L’effectif de l’armée se composait de 40.000 hommes, dont 25.000 fantassins, 10.000 cavaliers et 5.000 artilleurs…

La nécessité de composer en chiffres se serait imposée d’elle-même à Th. Lefcvro, il faut le croire, si les nombres, même, disséminés dans le texte, avaient compris quelques unités de plus :

L’effectif de l’armée se composait de 40.525 hommes, dont 25.250 fantassins, 10.125 cavaliers et 5.150 artilleurs…

D’ailleurs, Th. Lefevre lui-même, à l’instar de nos auteurs actuels, varie quelque peu d’opinion sur ce sujet. L’exemple cité ici est emprunté à la fin du paragraphe 90 (p. 50) du Guide pratique du Compositeur. Or, à la page suivante (p. 51), l’exemple du paragraphe 97 est ainsi, composé :

Quarante mille hommes, dont 35.000 fantassins, 4.000 cavaliers de toutes armes et 1.000 artilleurs, furent aussitôt dirigés…

Les deux cas nous paraissent analogues ; tout au moins, la rédaction des deux exemples a une ressemblance que l’on ne saurait nier ; un peu encore, et les termes eussent été les mêmes.

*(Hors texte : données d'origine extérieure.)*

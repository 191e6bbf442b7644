-- ===== src/Io/Virtual.antt =====
-- The virtual monitors of src/kernel/io/io_virtual.c. `cells` is the memory of a monitor, 16-bit
-- words from `begin` on, and `vis_begin` is an index into it. A write outside it is a fault, `none`.
pub mod Cells
pub mod Scroll
pub mod Bounds
mod Tests
use potatoes.Prelude.{
  ℕ, zero, suc, ◌+◌, ◌-◌, ◌*◌, ◌/◌, ◌%◌, ◌^◌, Bool, true, false, not, Option, none, some, List, [],
  ◌∷◌, ◌++◌, ◌==◌, ltb, leb, if◌then◌else◌, ◌>>=◌, length, take, drop, set, get_elem?,
}
use potatoes.Prelude.Int.{ℤ, pos, eq_ℤ}
use potatoes.Klib.Strings.{strcmp}

abbrev pub virtual_monitor_size : ℕ
virtual_monitor_size = 160000

abbrev pub line_width : ℕ
line_width = 80

abbrev pub vmonitor_height : ℕ
vmonitor_height = 0xf00

pub record VirtMonitor : Type 0 where
  pub cells : List ℕ
  pub size : ℕ
  pub vis_begin : ℕ
  pub offset : ℕ
  pub scrolldown_limit : ℕ
  pub scrollup_limit : ℕ
  pub disable_refresh : Bool
  pub pid : ℕ

pub store : VirtMonitor → ℕ → ℕ → Option VirtMonitor
store vm i value =
    if ltb i (length vm.cells) then some (record vm { cells = set vm.cells i value }) else none

-- The loops that write 0xF00, with the rounds left.
pub blank : ℕ → ℕ → VirtMonitor → Option VirtMonitor
unfolding store
blank zero i vm = some vm
blank (suc n) i vm = store vm i 0xf00 >>= blank n (suc i)

-- `cells` is what `mallocn` gave.
pub new_virt_monitor : List ℕ → ℕ → Option VirtMonitor
unfolding blank
new_virt_monitor cells pid = blank vmonitor_height 0 (record {
  cells = cells;
  size = virtual_monitor_size;
  vis_begin = 0;
  offset = 0;
  scrolldown_limit = 0;
  scrollup_limit = 0;
  disable_refresh = false;
  pid = pid;
})

abbrev pub scroll_limit : VirtMonitor → ℕ
scroll_limit vm = (vm.size - vmonitor_height) / 0xa0

-- The pane moves on by a line, which is blanked.
pub next_line : VirtMonitor → Option VirtMonitor
unfolding blank
next_line vm =
    let vis = vm.vis_begin + line_width in
    let vis_begin = if leb (vm.size / 2) vis then 0 else vis in
    let moved = record vm {
      scrollup_limit =
          if ltb vm.scrollup_limit (scroll_limit vm)
          then suc vm.scrollup_limit
          else vm.scrollup_limit;
      vis_begin = vis_begin;
      offset = vm.offset - line_width;
    } in
    blank line_width ((vis_begin + vmonitor_height / 2 - line_width) % (vm.size / 2)) moved

-- The test at the start of `virt_monitor_cputc`.
pub make_room : VirtMonitor → Option VirtMonitor
unfolding next_line
make_room vm = if leb (vmonitor_height / 2 - 1) vm.offset then next_line vm else some vm

abbrev pub cell : ℕ → ℕ → ℕ → ℕ
cell ch fg bg = (bg * 0x1000 + fg * 0x100 + ch % 256) % 2 ^ 16

-- The case `default` of the switch.
pub put_default : ℕ → ℕ → ℕ → VirtMonitor → Option VirtMonitor
unfolding store
put_default ch fg bg vm =
    store vm ((vm.vis_begin + vm.offset) % (vm.size / 2)) (cell ch fg bg)
    >>= (λ vm'. some (record vm' { offset = suc vm'.offset }))

-- The case of a backspace.
pub put_back : ℕ → ℕ → VirtMonitor → Option VirtMonitor
unfolding store
put_back fg bg vm =
    let back = record vm { offset = vm.offset - 1 } in
    if vm.offset == 0
    then some vm
    else store back ((back.vis_begin + back.offset) % (back.size / 2)) (cell 32 fg bg)

-- `n` calls of `virt_monitor_cputc` with a space.
pub put_spaces : ℕ → ℕ → ℕ → VirtMonitor → Option VirtMonitor
unfolding make_room put_default
put_spaces zero fg bg vm = some vm
put_spaces (suc n) fg bg vm = make_room vm >>= put_default 32 fg bg >>= put_spaces n fg bg

pub put_char : ℕ → ℕ → ℕ → VirtMonitor → Option VirtMonitor
unfolding put_default put_back put_spaces
put_char ch fg bg vm =
    if ch == 10
    then put_spaces (line_width - vm.offset % line_width) fg bg vm
    else if ch == 9
    then put_spaces (8 - vm.offset % 8) fg bg vm
    else if ch == 8
    then put_back fg bg vm
    else put_default ch fg bg vm

pub virt_monitor_cputc : VirtMonitor → ℕ → ℕ → ℕ → Option VirtMonitor
unfolding make_room put_char
virt_monitor_cputc vm ch fg bg = make_room vm >>= put_char ch fg bg

abbrev pub white : ℕ
white = 0xf

-- The tags in the order of the tests, with their colours.
abbrev pub color_tags : List (List ℕ × ℕ)
color_tags =
    (123 ∷ 66 ∷ 76 ∷ 65 ∷ 125 ∷ [], 0x0)
    ∷ (123 ∷ 66 ∷ 76 ∷ 85 ∷ 125 ∷ [], 0x1)
    ∷ (123 ∷ 71 ∷ 82 ∷ 69 ∷ 125 ∷ [], 0x2)
    ∷ (123 ∷ 67 ∷ 89 ∷ 65 ∷ 125 ∷ [], 0x3)
    ∷ (123 ∷ 82 ∷ 69 ∷ 68 ∷ 125 ∷ [], 0x4)
    ∷ (123 ∷ 86 ∷ 73 ∷ 79 ∷ 125 ∷ [], 0x5)
    ∷ (123 ∷ 79 ∷ 82 ∷ 65 ∷ 125 ∷ [], 0x6)
    ∷ (123 ∷ 68 ∷ 65 ∷ 82 ∷ 125 ∷ [], 0x8)
    ∷ (123 ∷ 76 ∷ 73 ∷ 71 ∷ 125 ∷ [], 0x7)
    ∷ (123 ∷ 76 ∷ 66 ∷ 76 ∷ 125 ∷ [], 0x9)
    ∷ (123 ∷ 76 ∷ 71 ∷ 82 ∷ 125 ∷ [], 0xa)
    ∷ (123 ∷ 84 ∷ 85 ∷ 82 ∷ 125 ∷ [], 0xb)
    ∷ (123 ∷ 80 ∷ 73 ∷ 78 ∷ 125 ∷ [], 0xc)
    ∷ (123 ∷ 77 ∷ 65 ∷ 71 ∷ 125 ∷ [], 0xd)
    ∷ (123 ∷ 89 ∷ 69 ∷ 76 ∷ 125 ∷ [], 0xe)
    ∷ []

pub first_tag : List ℕ → List (List ℕ × ℕ) → Option ℕ
first_tag buf [] = some white
first_tag buf ((tag, color) ∷ tags) =
    let rest = first_tag buf tags in
    strcmp buf (tag ++ (0 ∷ [])) >>= (λ d. if eq_ℤ d (pos 0) then some color else rest)

-- The memory from `str` on, of which `memcpy` reads five bytes.
pub get_color_tag : List ℕ → Option ℕ
unfolding first_tag
get_color_tag str =
    if ltb (length str) 5 then none else first_tag (take 5 str ++ (0 ∷ [])) color_tags

-- A `#` before `str` is read: the monitor, where to go on, and the colour.
pub read_tag : VirtMonitor → List ℕ → ℕ → ℕ → Option (VirtMonitor × List ℕ × ℕ)
unfolding get_color_tag virt_monitor_cputc
read_tag vm [] fg bg = none
read_tag vm (c ∷ str) fg bg = get_color_tag (c ∷ str) >>= (λ color.
    if not (color == white)
    then some (vm, drop 5 (c ∷ str), color)
    else if not (c == 35)
    then (virt_monitor_cputc vm 35 fg bg >>= (λ vm'. some (vm', c ∷ str, fg)))
    else some (vm, str, color))

-- A round of the loop behind the tag, and the rest of the loop.
pub put_next :
    (VirtMonitor → List ℕ → ℕ → ℕ → Option (VirtMonitor × ℕ))
    → ℕ
    → ℕ
    → VirtMonitor × List ℕ × ℕ
    → Option (VirtMonitor × ℕ)
unfolding virt_monitor_cputc
put_next loop bg res (vm, [], fg) = none
put_next loop bg res (vm, c ∷ str, fg) =
    if c == 0
    then some (vm, res)
    else (virt_monitor_cputc vm c fg bg >>= (λ vm'. loop vm' str fg (suc res)))

-- The loop of `virt_monitor_cputs`, whose `res` starts at 0.
pub virt_monitor_cputs : ℕ → ℕ → VirtMonitor → List ℕ → ℕ → ℕ → Option (VirtMonitor × ℕ)
unfolding read_tag put_next
virt_monitor_cputs zero bg vm str fg res = none
virt_monitor_cputs (suc fuel) bg vm [] fg res = none
virt_monitor_cputs (suc fuel) bg vm (c ∷ str) fg res =
    if c == 0
    then some (vm, res)
    else if c == 35
    then (read_tag vm str fg bg >>= put_next (virt_monitor_cputs fuel bg) bg res)
    else put_next (virt_monitor_cputs fuel bg) bg res (vm, c ∷ str, fg)

pub virt_cursor_move : VirtMonitor → ℕ → VirtMonitor
virt_cursor_move vm dir =
    let pane = vmonitor_height / 2 in
    let column = vm.offset % line_width in
    let line = vm.offset - column in
    let offset =
      if dir == 0
      then (vm.offset + pane - line_width) % pane
      else if dir == 1
      then (vm.offset + line_width) % pane
      else if dir == 2
      then line + (column + 80 - 1) % line_width
      else if dir == 3
      then line + (vm.offset + 1) % line_width
      else vm.offset in
    if vm.disable_refresh then vm else record vm { offset = offset }

pub virt_monitor_scrollup : VirtMonitor → VirtMonitor
virt_monitor_scrollup vm = if vm.scrollup_limit == 0 then vm else record vm {
  scrollup_limit = vm.scrollup_limit - 1;
  vis_begin = if ltb 0 vm.vis_begin then vm.vis_begin - line_width else vm.size / 2 - line_width;
  scrolldown_limit = suc vm.scrolldown_limit;
}

pub virt_monitor_scrolldown : VirtMonitor → VirtMonitor
virt_monitor_scrolldown vm = if vm.scrolldown_limit == 0 then vm else record vm {
  scrolldown_limit = vm.scrolldown_limit - 1;
  vis_begin = if ltb vm.vis_begin (vm.size / 2) then vm.vis_begin + line_width else 0;
  scrollup_limit = suc vm.scrollup_limit;
}
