-- ===== src/Messages/Contents.antt =====
-- src/core/message_aggregator.py: the text and the tools of the agent, from the events to the
-- messages.
use claude_code_manager.Base.{
  ℕ, ◌≡◌, refl, ap, ◌∙◌, sym, Bool, false, Option, List, [], ◌∷◌, ◌++◌, append-nil, map, map-append,
  Text, Bool-cases, inl, inr, is_empty, not, ◌&&◌,
}
use claude_code_manager.Messages.Events.{
  Tool, ToolInput, Value, Block, text_block, thinking_block, tool_use_block, exit_plan_mode,
  tool_result_block, other_block, tool_preview,
}
use claude_code_manager.Messages.Aggregator.{
  EventId, Aggregator, Delta, message, stream, Message, Body, assistant_body, plan_body, Event,
  new_aggregator, flush_to_message_delta, pending_draft_message, is_pending, stream_delta,
  buffer_tool, attach_tool_output, attach_to_last, ◌then_do◌, yield,
}
use claude_code_manager.Messages.Feeding.{
  feed_all, name_draft, exit_plan, attach_results, begin_assistant, keep_thinking, add_text,
  use_tool, think, finish_tool, longer, wiser,
}
use claude_code_manager.Messages.Conservation.{
  Tally, Laws, shown_all, of_events, Conserves, Adds, feed_all-Conserves, then_do-Conserves,
  yield-Conserves,
}

abbrev body_text : Body → Text
body_text (assistant_body content tools thought) = content
body_text (plan_body plan) = plan
body_text b = []

abbrev body_tools : Body → List Text
body_tools (assistant_body content tools thought) = map (λ t. t.name) tools
body_tools b = []

abbrev in_message {ℓ} : {X : Type ℓ} → (Body → List X) → Delta → List X
in_message f (message m) = f m.body
in_message f (stream m) = []

-- The text of the agent: in its messages and plans, and in its events.
abbrev pub text_tally : Tally ℕ
text_tally = record {
  held = λ a. a.assistant_buf;
  shown = in_message body_text;
  of_plan = λ plan. plan;
  of_tool = λ name. [];
  of_text = λ s. s;
}

-- The names of the tools that the agent uses.
abbrev pub tool_tally : Tally Text
tool_tally = record {
  held = λ a. map (λ t. t.name) a.tools_buf;
  shown = in_message body_tools;
  of_plan = λ plan. [];
  of_tool = λ name. name ∷ [];
  of_text = λ s. [];
}

none_left {ℓ κ μ} :
    {A : Type ℓ} {B : Type κ} {C : Type μ} (xs : List A) (ys : List B) (zs : List C)
    → not (is_empty xs && is_empty ys && is_empty zs) ≡ false
    → (xs ≡ []) × (ys ≡ [])
none_left [] [] zs h = (refl, refl)
none_left [] (y ∷ ys) zs h = cc
none_left (x ∷ xs) ys zs h = cc

not_pending : (a : Aggregator) → is_pending a ≡ false → (a.assistant_buf ≡ []) × (a.tools_buf ≡ [])
not_pending a = none_left a.assistant_buf a.tools_buf a.thinking_buf

text-flush : Conserves text_tally flush_to_message_delta []
unfolding flush_to_message_delta pending_draft_message
text-flush a = elim (Bool-cases (is_pending a)) [
  | inl p ↦ rw (p, flush_to_message_delta) (append-nil (a.assistant_buf ++ []))
  | inr p ↦ rw (p, flush_to_message_delta) (sym (append-nil a.assistant_buf))
]

tool-flush : Conserves tool_tally flush_to_message_delta []
unfolding flush_to_message_delta pending_draft_message
tool-flush a = elim (Bool-cases (is_pending a)) [
  | inl p ↦
      rw (p, flush_to_message_delta) (append-nil (map (λ (t : Tool). t.name) a.tools_buf ++ []))
  | inr p ↦
      rw (p, flush_to_message_delta) (sym (append-nil (map (λ (t : Tool). t.name) a.tools_buf)))
]

text-plan :
    (plan : Text) (idx : ℕ) (id : EventId) (ts : Option ℕ)
    → Conserves text_tally (exit_plan plan idx id ts) plan
unfolding exit_plan flush_to_message_delta pending_draft_message ◌then_do◌ yield
text-plan [] idx id ts a = elim (Bool-cases (is_empty a.assistant_buf)) [
  | inl p ↦ rw p (sym (append-nil a.assistant_buf))
  | inr p ↦ rw p (append-nil (a.assistant_buf ++ []))
]
text-plan (c ∷ plan) idx id ts a = elim (Bool-cases (is_pending a)) [
  | inl p ↦ rw (p, flush_to_message_delta) (simp append-nil)
  | inr p ↦ rw (p, (not_pending a p).0, flush_to_message_delta) (simp append-nil)
]

tool-plan :
    (plan : Text) (idx : ℕ) (id : EventId) (ts : Option ℕ)
    → Conserves tool_tally (exit_plan plan idx id ts) []
unfolding exit_plan ◌then_do◌ yield
tool-plan [] idx id ts a = elim (Bool-cases (is_empty a.assistant_buf)) [
  | inl p ↦ rw p (sym (append-nil (map (λ (t : Tool). t.name) a.tools_buf)))
  | inr p ↦ rw p (sym (append-nil (map (λ (t : Tool). t.name) a.tools_buf)))
]
tool-plan (c ∷ plan) idx id ts a =
    let m : Message = record {
      body = plan_body (c ∷ plan);
      event_index = idx;
      id = id;
      timestamp = ts;
    } in
    then_do-Conserves tool_tally flush_to_message_delta (yield m) [] [] tool-flush
      (yield-Conserves tool_tally m refl) a

-- The draft's name and its stamps leave what is held.
text-name_draft :
    (id : EventId) (a : Aggregator) → (name_draft id a).assistant_buf ≡ a.assistant_buf
text-name_draft id a = elim (Bool-cases (is_pending a)) [ inl p ↦ rw p refl | inr p ↦ rw p refl ]

tool-name_draft : (id : EventId) (a : Aggregator) → (name_draft id a).tools_buf ≡ a.tools_buf
tool-name_draft id a = elim (Bool-cases (is_pending a)) [ inl p ↦ rw p refl | inr p ↦ rw p refl ]

text-results : (bs : List Block) → Adds text_tally (attach_results bs) []
unfolding attach_results attach_tool_output
text-results [] a = sym (append-nil a.assistant_buf)
text-results (tool_result_block o e ∷ bs) a = text-results bs (attach_tool_output o e a)
text-results (text_block s ∷ bs) a = text-results bs a
text-results (thinking_block s ∷ bs) a = text-results bs a
text-results (exit_plan_mode plan ∷ bs) a = text-results bs a
text-results (tool_use_block n i ∷ bs) a = text-results bs a
text-results (other_block ∷ bs) a = text-results bs a

text-stream : Conserves text_tally stream_delta []
unfolding stream_delta pending_draft_message
text-stream a = elim (Bool-cases a.emit_stream_deltas) [
  | inl e ↦ elim (Bool-cases (is_pending a)) [
    | inl p ↦ rw (e, p) (sym (append-nil a.assistant_buf))
    | inr p ↦ rw (e, p) (sym (append-nil a.assistant_buf))
  ]
  | inr e ↦ rw e (sym (append-nil a.assistant_buf))
]

text_laws : Laws text_tally
unfolding stream_delta add_text buffer_tool use_tool think finish_tool begin_assistant keep_thinking
    attach_tool_output
text_laws = record {
  flush_law = text-flush;
  stream_law = text-stream;
  plan_law = text-plan;
  buffer_law = λ name i a. sym (append-nil a.assistant_buf);
  text_law = λ said id a. text-name_draft id (longer said a);
  use_law = λ name i idx id ts a. sym (append-nil a.assistant_buf);
  begin_law = λ idx ts a. sym (append-nil a.assistant_buf);
  keep_law = λ bs a. sym (append-nil a.assistant_buf);
  think_law =
      λ s idx id ts a. text-name_draft id (wiser s idx ts a) ∙ sym (append-nil a.assistant_buf);
  finish_law = λ o e idx a. sym (append-nil a.assistant_buf);
  results_law = text-results;
  restamp_law = λ ts a. sym (append-nil a.assistant_buf);
  count_law = λ a. sym (append-nil a.assistant_buf);
  user_law = λ m c fs v h. rw h refl;
  note_law = λ m n h. rw h refl;
}

abbrev names : List Tool → List Text
names ts = map (λ (t : Tool). t.name) ts

names-attach_to_last :
    (o : Value) (e : Bool) (ts : List Tool) → names (attach_to_last o e ts) ≡ names ts
unfolding attach_to_last tool_preview
names-attach_to_last o e [] = refl
names-attach_to_last o e (t ∷ []) = refl
names-attach_to_last o e (t ∷ u ∷ ts) = ap (◌∷◌ t.name) (names-attach_to_last o e (u ∷ ts))

tool-results : (bs : List Block) → Adds tool_tally (attach_results bs) []
unfolding attach_results attach_tool_output
tool-results [] a = sym (append-nil (names a.tools_buf))
tool-results (tool_result_block o e ∷ bs) a =
    tool-results bs (attach_tool_output o e a)
    ∙ ap (λ ns. ns ++ []) (names-attach_to_last o e a.tools_buf)
tool-results (text_block s ∷ bs) a = tool-results bs a
tool-results (thinking_block s ∷ bs) a = tool-results bs a
tool-results (exit_plan_mode plan ∷ bs) a = tool-results bs a
tool-results (tool_use_block n i ∷ bs) a = tool-results bs a
tool-results (other_block ∷ bs) a = tool-results bs a

tool-buffer : (name : Text) (i : ToolInput) → Adds tool_tally (buffer_tool name i) (name ∷ [])
unfolding buffer_tool tool_preview
tool-buffer name i a = map-append (λ (t : Tool). t.name) a.tools_buf _

tool-stream : Conserves tool_tally stream_delta []
unfolding stream_delta pending_draft_message
tool-stream a = elim (Bool-cases a.emit_stream_deltas) [
  | inl e ↦ elim (Bool-cases (is_pending a)) [
    | inl p ↦ rw (e, p) (sym (append-nil (names a.tools_buf)))
    | inr p ↦ rw (e, p) (sym (append-nil (names a.tools_buf)))
  ]
  | inr e ↦ rw e (sym (append-nil (names a.tools_buf)))
]

tool_laws : Laws tool_tally
unfolding stream_delta add_text use_tool think finish_tool begin_assistant keep_thinking
    attach_tool_output
tool_laws = record {
  flush_law = tool-flush;
  stream_law = tool-stream;
  plan_law = tool-plan;
  buffer_law = tool-buffer;
  text_law = λ said id a.
      ap names (tool-name_draft id (longer said a)) ∙ sym (append-nil (names a.tools_buf));
  use_law = λ name i idx id ts a. tool-buffer name i a;
  begin_law = λ idx ts a. sym (append-nil (names a.tools_buf));
  keep_law = λ bs a. sym (append-nil (names a.tools_buf));
  think_law = λ s idx id ts a.
      ap names (tool-name_draft id (wiser s idx ts a)) ∙ sym (append-nil (names a.tools_buf));
  finish_law =
      λ o e idx a. names-attach_to_last o e a.tools_buf ∙ sym (append-nil (names a.tools_buf));
  results_law = tool-results;
  restamp_law = λ ts a. sym (append-nil (names a.tools_buf));
  count_law = λ a. sym (append-nil (names a.tools_buf));
  user_law = λ m c fs v h. rw h refl;
  note_law = λ m n h. rw h refl;
}

-- All the deltas of a complete history, the flush at its end included.
abbrev pub history : List Event → Aggregator → List Delta
history evs a = ((feed_all evs then_do flush_to_message_delta) a).1

flush-empties :
    (a : Aggregator)
    → let b = (flush_to_message_delta a).0 in (b.assistant_buf ≡ []) × (names b.tools_buf ≡ [])
unfolding flush_to_message_delta pending_draft_message
flush-empties a = elim (Bool-cases (is_pending a)) [
  | inl p ↦ rw (p, flush_to_message_delta) (refl, refl)
  | inr p ↦ rw (p, flush_to_message_delta) ((not_pending a p).0, ap names (not_pending a p).1)
]

history-tally :
    {X : Type 0} (t : Tally X) (laws : Laws t) (evs : List Event) (offset : ℕ) (emit : Bool)
    → t.held (new_aggregator offset emit) ≡ []
    → t.held ((feed_all evs then_do flush_to_message_delta) (new_aggregator offset emit)).0 ≡ []
    → shown_all t (history evs (new_aggregator offset emit)) ≡ of_events t evs
history-tally t laws evs offset emit start end =
    let a = new_aggregator offset emit in
    let kept =
      then_do-Conserves t (feed_all evs) flush_to_message_delta (of_events t evs) []
        (feed_all-Conserves t laws evs) laws.flush_law a in
    sym (append-nil (shown_all t (history evs a)))
    ∙ ap (λ z. shown_all t (history evs a) ++ z) (sym end)
    ∙ kept
    ∙ ap (λ z. z ++ (of_events t evs ++ [])) start
    ∙ append-nil (of_events t evs)

-- Over a complete history, live or not, the text of the agent's messages and plans is the text of
-- its events, plans included, in order, nothing lost and nothing twice; and the tools that its
-- messages show are the tools that its events use, in order, each once.
pub history-conserves :
    (evs : List Event) (offset : ℕ) (emit : Bool)
    → let deltas = history evs (new_aggregator offset emit) in
      (shown_all text_tally deltas ≡ of_events text_tally evs)
      × (shown_all tool_tally deltas ≡ of_events tool_tally evs)
unfolding ◌then_do◌
history-conserves evs offset emit = (
  history-tally text_tally text_laws evs offset emit refl
      (flush-empties (feed_all evs (new_aggregator offset emit)).0).0,
  history-tally tool_tally tool_laws evs offset emit refl
      (flush-empties (feed_all evs (new_aggregator offset emit)).0).1,
)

On pourrait encore s’étonner de rencontrer dans Tassis cette règle :
---- « Mettre en chiffres : … 3o les dates, la population : … » ;
---- Puis, plus loin :
---- « Mettre en toutes lettres : les dénombrements… ».
---- Il y a bien quelque similitude, quelque équivalence, entre ces deux expressions : « indiquer la population, dénombrer la population d’un pays ».
---- Dès lors, pourquoi composer ici en chiffres, et là en lettres ?
---- La vérité est que l’application stricte, rigoureuse, d’un principe érigé en loi se heurte trop souvent à de multiples difficultés. La régularité de composition est une règle qui doit souffrir le moins d’exceptions possible ; l’esthétique, le bon goût, le coup d’œil en sont une autre dont on ne saurait se départir sans préjudice pour la forme du livre ; enfin, les contingences, c’est-à-dire le genre de travail, le milieu, si l’on veut, où vit la phrase, l’expression, posent des conditions, obligent à des modifications dont parfois le moins qu’on puisse dire est qu’elles n’ont qu’un vague rapport avec le principe primitivement admis.